We are having a family BBQ this Sunday. 35 guests. My turf pro that I get my fert and goodies from gave me a few pointers to make it look it's best. We will set up a tent on the lawn as it's hot this week and we have no shade in the yard. 
I've been watering twice a week (1" each time), plus 6 mins 3 times daily as I top dressed and overseeded 2 weeks ago.
Granular every 2 weeks for the last 6 weeks plus our milkshake of Iron, Nualgi, and calcium phos. supplement every 2 weeks. Lawn is very soft and lush right now. We'll stop the water after Thursday to firm it up for Boce Ball and all the traffic. Then another milkshake 48 hrs before the party. 
Yesterday I started cutting it every day at 3/4" in the same direction each time to get the stripes looking good. I'm very lucky to have a local expert to rely on for help. Here's what it looks like tonight,
Stripes are looking good! So soft the wheels from my Caltrimmer leave ruts in the grass but they go away by the next day.


----------



## crussell (Mar 12, 2018)

I'm just across the border - What time does this BBQ fire up?

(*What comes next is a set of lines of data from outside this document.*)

-- ===== src/ConnQueue/Pool.antt =====
-- The free list of the queue items in memcached-1.4/thread.c: cqi_new takes its first item, or the first of
-- a new block whose others become the free list; cqi_free gives an item back.
use mathlib.Core.Path.{subst}
use reading_and_comprehense.Base.{
  ℕ, zero, suc, ◌+◌, ◌-◌, ◌<◌, ◌≤◌, ◌≡◌, refl, sym, ap, ◌∙◌, Option, none, some, List, [], ◌∷◌,
  ◌++◌, ◌⊎◌, arith,
}
use reading_and_comprehense.ConnQueue.{
  add_block, CqItems, set_next, link_block, cqi_new, cqi_free, items_per_alloc,
}
use reading_and_comprehense.ConnQueue.Fifo.{
  Linked, Absent, update-Linked, set_next_other, set_next_self,
}

-- The `n` addresses from `a` on.
unfoldable pub block_from : ℕ → ℕ → List ℕ
block_from a zero = []
block_from a (suc n) = a ∷ block_from (a + 1) n

link_block_below :
    (base n i : ℕ) (m : CqItems) (a : ℕ) → a < base + i - 1 → link_block base n i m a ≡ m a
unfolding link_block
link_block_below base zero i m a h = refl
link_block_below base (suc n) i m a h =
    link_block_below base n (i + 1) _ a (omega arith)
    ∙ set_next_other m (base + i - 1) a (some (base + i)) (λ e. absurd (omega (arith, e)))

-- The items of the list are in front of the block or behind it.
abbrev pub OffBlock : ℕ → List ℕ → Type 0
OffBlock base [] = Unit
OffBlock base (p ∷ l) = ((p < base) ⊎ (base + items_per_alloc ≤ p)) × OffBlock base l

OffBlock-Absent :
    (base a : ℕ) (l : List ℕ) → OffBlock base l → base ≤ a → a < base + 64 → Absent a l
OffBlock-Absent base a [] o lo hi = tt
OffBlock-Absent base a (p ∷ l) o lo hi =
    (λ e. absurd (ground (arith, e, o.0)), OffBlock-Absent base a l o.1 lo hi)

link_block_off :
    (base n i : ℕ) (m : CqItems) (h : Option ℕ) (l : List ℕ)
    → 1 ≤ i
    → i + n ≤ 64
    → OffBlock base l
    → Linked m h l
    → Linked (link_block base n i m) h l
unfolding link_block
link_block_off base zero i m h l one fits o k = k
link_block_off base (suc n) i m h l one fits o k =
    link_block_off base n (i + 1) _ h l (omega arith) (omega (arith, fits)) o (
      update-Linked m (base + i - 1) _ h l
        (OffBlock-Absent base (base + i - 1) l o (omega (arith, one)) (omega (arith, fits))) k)

-- The pointers of a block once its last item `z` leads to the list `l`.
link_block-Linked :
    (base n i : ℕ) (m : CqItems) (z : ℕ) (freelist : Option ℕ) (l : List ℕ)
    → 1 ≤ i
    → z ≡ base + i - 1 + n
    → Linked (set_next z freelist (link_block base n i m)) freelist l
    → Linked
        (set_next z freelist (link_block base n i m))
        (some (base + i - 1))
        (block_from (base + i - 1) (suc n) ++ l)
unfolding link_block block_from
link_block-Linked base zero i m z freelist l h e k =
    let same : z ≡ base + i - 1 = omega (arith, e) in
    (
      refl,
      subst (λ g. Linked (set_next z freelist m) g l)
          (sym (
            subst (λ a. (set_next z freelist m a).next ≡ freelist) same
              (set_next_self m z freelist)))
          k,
    )
link_block-Linked base (suc n) i m z freelist l h e k =
    let m1 = set_next (base + i - 1) (some (base + i)) m in
    let m2 = set_next z freelist (link_block base n (i + 1) m1) in
    let here : base + (i + 1) - 1 ≡ base + i = omega (arith, h) in
    let next : base + i ≡ base + i - 1 + 1 = omega (arith, h) in
    let rest =
      link_block-Linked base n (i + 1) m1 z freelist l (omega arith) (omega (arith, e, h)) k in
    let first : (m2 (base + i - 1)).next ≡ some (base + (i + 1) - 1) =
      ap (λ c. c.next)
        (set_next_other (link_block base n (i + 1) m1) z (base + i - 1) freelist
          (λ q. absurd (omega (arith, q, e))))
      ∙ ap (λ c. c.next) (link_block_below base n (i + 1) m1 (base + i - 1) (omega (arith, h)))
      ∙ set_next_self m (base + i - 1) (some (base + i))
      ∙ ap some (sym here) in
    (
      refl,
      subst (λ g. Linked m2 g (block_from (base + i - 1 + 1) (suc n) ++ l)) (sym first)
          (subst (λ a. Linked m2 (some (base + (i + 1) - 1)) (block_from a (suc n) ++ l))
            (here ∙ next) rest),
    )

-- The free list that the other threads leave, where it was empty, before the block is added to it.
abbrev pub Freed : (CqItems × Option ℕ → CqItems × Option ℕ) → CqItems → Option ℕ → List ℕ → Type 0
Freed others m block l =
    Linked (others (m, none)).0 (others (m, none)).1 l
    × elim block [ none ↦ Unit | some base ↦ OffBlock base l ]

-- What is handed out, and what is left, of the free list and a block that malloc has or has not; `freed`
-- is what other threads have given back.
abbrev pub handed_out : Option ℕ → List ℕ → Option ℕ
handed_out block [] = block
handed_out block (p ∷ l) = some p

abbrev pub left_free : Option ℕ → List ℕ → List ℕ → List ℕ
left_free none freed [] = []
left_free (some base) freed [] = block_from (base + 1) 63 ++ freed
left_free block freed (p ∷ l) = l

add_block-Linked :
    (m : CqItems) (base : ℕ) (freelist : Option ℕ) (l : List ℕ)
    → OffBlock base l
    → Linked m freelist l
    → Linked
        (add_block base (m, freelist)).0
        (add_block base (m, freelist)).1
        (block_from (base + 1) 63 ++ l)
unfolding add_block
add_block-Linked m base freelist l o k =
    let z = base + items_per_alloc - 1 in
    let m1 = link_block base (items_per_alloc - 2) 2 m in
    let kept =
      update-Linked m1 z _ freelist l (OffBlock-Absent base z l o (omega arith) (omega arith)) (
        link_block_off base (items_per_alloc - 2) 2 m freelist l (omega arith) (omega arith) o k) in
    subst (λ a. Linked (set_next z freelist m1) (some a) (block_from a 63 ++ l)) (omega arith)
      (link_block-Linked base (items_per_alloc - 2) 2 m z freelist l (omega arith) (omega arith)
        kept)

taken :
    (m : CqItems) (p q : ℕ) (l : List ℕ)
    → Linked m (some p) (q ∷ l)
    → (◌≡◌ {A = Option ℕ} (some p) (some q)) × Linked m (m p).next l
taken m p q l k =
    let same : q ≡ p = ground (arith, k.0) in (k.0, subst (λ a. Linked m (m a).next l) same k.1)

-- cqi_new hands out the first free item and leaves the others. Where none is free, it hands out the first
-- item of a new block of 64, whose 63 others are free then in their order, in front of what other
-- threads have freed meanwhile outside the block; without memory it hands out none.
pub cqi_new-Linked :
    (m : CqItems) (freelist block : Option ℕ) (others : CqItems × Option ℕ → CqItems × Option ℕ)
    (l freed : List ℕ)
    → Linked m freelist l
    → Freed others m block freed
    → ((cqi_new block others (m, freelist)).0 ≡ handed_out block l)
      × Linked
          (cqi_new block others (m, freelist)).1.0
          (cqi_new block others (m, freelist)).1.1
          (left_free block freed l)
unfolding cqi_new
cqi_new-Linked m none none others [] freed k f = (refl, k)
cqi_new-Linked m none (some base) others [] freed k f =
    (refl, add_block-Linked (others (m, none)).0 base (others (m, none)).1 freed f.1 f.0)
cqi_new-Linked m (some p) block others [] freed k f = absurd (ground (arith, k))
cqi_new-Linked m none block others (q ∷ l) freed k f = absurd (ground (arith, k.0))
cqi_new-Linked m (some p) none others (q ∷ l) freed k f = taken m p q l k
cqi_new-Linked m (some p) (some base) others (q ∷ l) freed k f = taken m p q l k

-- cqi_free puts an item that is not free in front of the free list.
pub cqi_free-Linked :
    (m : CqItems) (freelist : Option ℕ) (x : ℕ) (l : List ℕ)
    → Absent x l
    → Linked m freelist l
    → Linked (cqi_free x (m, freelist)).0 (cqi_free x (m, freelist)).1 (x ∷ l)
unfolding cqi_free
cqi_free-Linked m freelist x l a k = (
  refl,
  subst (λ g. Linked (set_next x freelist m) g l) (sym (set_next_self m x freelist))
      (update-Linked m x _ freelist l a k),
)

Lawn looks great, keep burning those stripes in!


----------



## zeus201 (Aug 30, 2017)

Looking great!


----------



## Ballistic (Mar 19, 2018)

Looking good! Love your backyard view.


----------



## g-man (Jun 15, 2017)

We need the address for the TLF annual party.


----------



## pennstater2005 (Jul 17, 2017)

g-man said:


> We need the address for the TLF annual party.

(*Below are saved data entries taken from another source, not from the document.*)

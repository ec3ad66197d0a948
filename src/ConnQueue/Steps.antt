-- ===== src/ConnQueue/Steps.antt =====
-- The life of a queue of memcached-1.4/thread.c: one thread pushes, another pops, and items that are not in
-- the queue change.
use mathlib.Core.Path.{subst}
use reading_and_comprehense.Base.{
  ℕ, ◌≡◌, refl, sym, ap, ◌∙◌, Option, none, some, List, [], ◌∷◌, ◌++◌, arith, update,
}
use reading_and_comprehense.Conn.Tokens.{append_nil}
use reading_and_comprehense.ConnQueue.{CqItems, Cq, CqItem, cq_init, cq_pop, cq_push}
use reading_and_comprehense.ConnQueue.Fifo.{
  Absent, Shows, update-Linked, cq_pop-Shows, cq_push-Shows,
}

abbrev pub one_or_none : Option ℕ → List ℕ
one_or_none none = []
one_or_none (some p) = p ∷ []

-- The item is in no list that the queue shows.
abbrev pub IsOutside : CqItems → Cq → ℕ → Type 0
IsOutside m cq x = (l : List ℕ) → Shows m cq l → Absent x l

-- The items that were pushed and those that were popped so far, each in the order of time.
pub data Steps : CqItems → Cq → List ℕ → List ℕ → Type 0 where
  start : (m : CqItems) → Steps m cq_init [] []
  push :
      {m : CqItems} {cq : Cq} {ins outs : List ℕ} (x : ℕ)
      → Steps m cq ins outs
      → IsOutside m cq x
      → Steps (cq_push x (m, cq)).0 (cq_push x (m, cq)).1 (ins ++ x ∷ []) outs
  pop :
      {m : CqItems} {cq : Cq} {ins outs : List ℕ}
      → Steps m cq ins outs
      → Steps m (cq_pop m cq).1 ins (outs ++ one_or_none (cq_pop m cq).0)
  elsewhere :
      {m : CqItems} {cq : Cq} {ins outs : List ℕ} (x : ℕ) (c : CqItem)
      → Steps m cq ins outs
      → IsOutside m cq x
      → Steps (update m x c) cq ins outs

pub record Kept (m : CqItems) (cq : Cq) (ins outs : List ℕ) : Type 0 where
  pub waiting : List ℕ
  pub order : ins ≡ outs ++ waiting
  pub shows : Shows m cq waiting

append_assoc_one : (a b : List ℕ) (x : ℕ) → (a ++ b) ++ x ∷ [] ≡ a ++ (b ++ x ∷ [])
append_assoc_one [] b x = refl
append_assoc_one (y ∷ a) b x = ap (◌∷◌ y) (append_assoc_one a b x)

append_cons : (a l : List ℕ) (p : ℕ) → a ++ p ∷ l ≡ (a ++ p ∷ []) ++ l
append_cons [] l p = refl
append_cons (y ∷ a) l p = ap (◌∷◌ y) (append_cons a l p)

cq_pop_empty : (m : CqItems) (cq : Cq) → Shows m cq [] → cq_pop m cq ≡ (none, cq)
unfolding cq_pop
cq_pop_empty m cq s = ground (arith, s.linked)

pop-Kept :
    (m : CqItems) (cq : Cq) (ins outs waiting : List ℕ)
    → ins ≡ outs ++ waiting
    → Shows m cq waiting
    → Kept m (cq_pop m cq).1 ins (outs ++ one_or_none (cq_pop m cq).0)
pop-Kept m cq ins outs [] e s =
    subst (λ r. Kept m r.1 ins (outs ++ one_or_none r.0)) (sym (cq_pop_empty m cq s))
      (record { waiting = []; order = e ∙ sym (append_nil (outs ++ [])); shows = s })
pop-Kept m cq ins outs (p ∷ l) e s =
    let (first, rest) = cq_pop-Shows m cq p l s in
    record {
      waiting = l;
      order = e ∙ append_cons outs l p ∙ ap (λ o. (outs ++ one_or_none o) ++ l) (sym first);
      shows = rest;
    }

-- Whatever pushes of items that are not in the queue, pops and changes of other items follow one another,
-- the items that were pushed are those that were popped and then those that wait, all in the order of
-- the pushes; and the pointers of the queue run through those that wait.
pub Steps-Kept :
    {m : CqItems} {cq : Cq} {ins outs : List ℕ} → Steps m cq ins outs → Kept m cq ins outs
unfolding cq_init
Steps-Kept (start m) = record {
  waiting = [];
  order = refl;
  shows = record { linked = refl; tail = refl; distinct = tt };
}
Steps-Kept (push x steps out) =
    let k = Steps-Kept steps in
    record {
      waiting = k.waiting ++ x ∷ [];
      order = ap (λ l. l ++ x ∷ []) k.order ∙ append_assoc_one _ k.waiting x;
      shows = cq_push-Shows _ _ x k.waiting (out k.waiting k.shows) k.shows;
    }
Steps-Kept (pop steps) = let k = Steps-Kept steps in pop-Kept _ _ _ _ k.waiting k.order k.shows
Steps-Kept (elsewhere x c steps out) =
    let k = Steps-Kept steps in
    record {
      waiting = k.waiting;
      order = k.order;
      shows = record {
        linked = update-Linked _ x c _ k.waiting (out k.waiting k.shows) k.shows.linked;
        tail = k.shows.tail;
        distinct = k.shows.distinct;
      };
    }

The first thing we'd all do is remove the tent from the lawn and shoo everyone off the grass :lol:


----------



## g-man (Jun 15, 2017)

I was thinking we take turns reel mowing. Maybe do some sprayer calibration classes(using water). Practice with a landscape blade. Do a smoking/BBQ completion. Have a cigar smoking/exchange corner.


----------



## pennstater2005 (Jul 17, 2017)

g-man said:


> I was thinking we take turns reel mowing. Maybe do some sprayer calibration classes(using water). Practice with a landscape blade. Do a smoking/BBQ completion. Have a cigar smoking/exchange corner.


Now you're talking!


----------



## social port (Jun 19, 2017)

pennstater2005 said:


> g-man said:
> 
> 
> > We need the address for the TLF annual party.
> ...


So true.
Everything about that picture is exquisite.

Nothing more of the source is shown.